PPF is better for long-term wealth creation due to: (1) Tax-free returns (EEE status) vs FD interest taxed as per slab, (2) Higher effective returns after tax, (3) 80C tax deduction benefit. FD is better for: (1) Short-term goals (1-5 years), (2) Better liquidity with premature withdrawal, (3) No minimum lock-in period. Choose based on your time horizon and tax situation.

What is the difference between cumulative and non-cumulative FD?

Cumulative FD: Interest is compounded quarterly and paid at maturity along with principal. Ideal for wealth accumulation and long-term goals. Non-cumulative FD: Interest is paid out periodically (monthly/quarterly/annually). Ideal for those needing regular income, like retirees. Cumulative FDs give higher returns due to compounding effect.

Are bank FDs safe? What about deposit insurance?

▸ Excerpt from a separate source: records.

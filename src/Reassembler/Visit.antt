-- ===== src/Reassembler/Visit.antt =====
-- One round of the first loop of Reassembler::insert in src/reassembler.cc, on machine words that
-- do not wrap.
use networkinglab.Base.{
  ℕ, ◌-◌, ◌≤◌, ◌<◌, min, ◌≡◌, refl, Option, none, some, List, length, is_empty_of_lt, ap, drop,
  length-drop, drop_of_length-le, add64, sub64, add64-eq, sub64-eq, u64_mod, arith, le→leb, lt→ltb,
  ge→ltb,
}
use networkinglab.Reassembler.{Substring, stop, overlaps, overlap, advance, put, visit}
use networkinglab.Reassembler.Layout.{finish}

-- What is left of `n` behind `p`.
abbrev pub tail_after : Substring → Substring → Substring
tail_after p n = record { start = finish p; bytes = drop (finish p - n.start) n.bytes }

pub visit_first :
    (n : Substring) (nb : ℕ) (rest : Option Substring → ℕ → List Substring × ℕ)
    → visit none n nb rest ≡ put n (rest (some n) nb)
unfolding visit overlaps
visit_first n nb rest = refl

module _ (p n : Substring) (nb hi : ℕ) (rest : Option Substring → ℕ → List Substring × ℕ)
    (after : p.start ≤ n.start) (fits_p : finish p ≤ hi) (fits_n : finish n ≤ hi)
    (word : hi < u64_mod) (counted : length n.bytes ≤ nb) (nb_word : nb < u64_mod) where
  stop-p : stop p ≡ finish p
  unfolding stop
  stop-p = add64-eq p.start (length p.bytes) (omega arith)

  pub visit_apart : finish p ≤ n.start → visit (some p) n nb rest ≡ put n (rest (some n) nb)
  unfolding visit overlaps
  visit_apart h = rw (le→leb p.start n.start after, stop-p, ge→ltb n.start (finish p) h)

  all :
      n.start < finish p
      → finish n ≤ finish p
      → min (sub64 (finish p) n.start) (length n.bytes) ≡ length n.bytes
  all h k = omega (arith, sub64-eq (finish p) n.start (omega arith) (omega arith))

  some_bytes :
      n.start < finish p
      → finish p < finish n
      → min (sub64 (finish p) n.start) (length n.bytes) ≡ finish p - n.start
  some_bytes h k = omega (arith, sub64-eq (finish p) n.start (omega arith) (omega arith))

  moved : n.start < finish p → add64 n.start (finish p - n.start) ≡ finish p
  moved h = omega (arith, add64-eq n.start (finish p - n.start) (omega arith))

  pub visit_covered :
      n.start < finish p
      → finish n ≤ finish p
      → visit (some p) n nb rest ≡ rest (some p) (nb - length n.bytes)
  unfolding visit overlaps overlap
  visit_covered h k =
      rw (le→leb p.start n.start after, stop-p, lt→ltb n.start (finish p) h)
        (rw (all h k, drop_of_length-le (length n.bytes) n.bytes (omega arith))
          (ap (rest (some p)) (sub64-eq nb (length n.bytes) counted nb_word)))

  pub visit_cut :
      n.start < finish p
      → finish p < finish n
      → visit (some p) n nb rest
        ≡ put (tail_after p n) (rest (some (tail_after p n)) (nb - (finish p - n.start)))
  unfolding visit overlaps overlap advance
  visit_cut h k =
      rw (le→leb p.start n.start after, stop-p, lt→ltb n.start (finish p) h)
        (rw (
          some_bytes h k,
          is_empty_of_lt (drop (finish p - n.start) n.bytes)
              (omega (arith, length-drop (finish p - n.start) n.bytes)),
          moved h,
          sub64-eq nb (finish p - n.start) (omega arith) nb_word,
        ))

Yes, bank FDs are extremely safe. Deposits up to ₹5 lakh per depositor per bank are insured by DICGC (Deposit Insurance and Credit Guarantee Corporation). This means even if a bank fails, you get your money back up to ₹5 lakh (including principal and interest). For amounts above ₹5 lakh, spread across multiple banks to maximize insurance coverage.

What is the minimum and maximum tenure for FD?

FD tenure typically ranges from 7 days to 10 years. Short-term FDs: 7 days to 1 year (lower interest). Medium-term FDs: 1-3 years (moderate interest). Long-term FDs: 3-10 years (higher interest). Tax-saving FDs have mandatory 5-year lock-in. Choose tenure based on your financial goals and liquidity needs.

Should senior citizens invest in FD?

Yes, FDs are excellent for senior citizens due to: (1) Higher interest rates (0.25%-0.50% extra), (2) Guaranteed regular income via non-cumulative FDs, (3) Zero risk and principal safety, (4) Higher TDS threshold (₹50,000 vs ₹40,000), (5) Special senior citizen FD schemes with better rates. Ideal for retirement corpus where capital preservation is priority over high returns.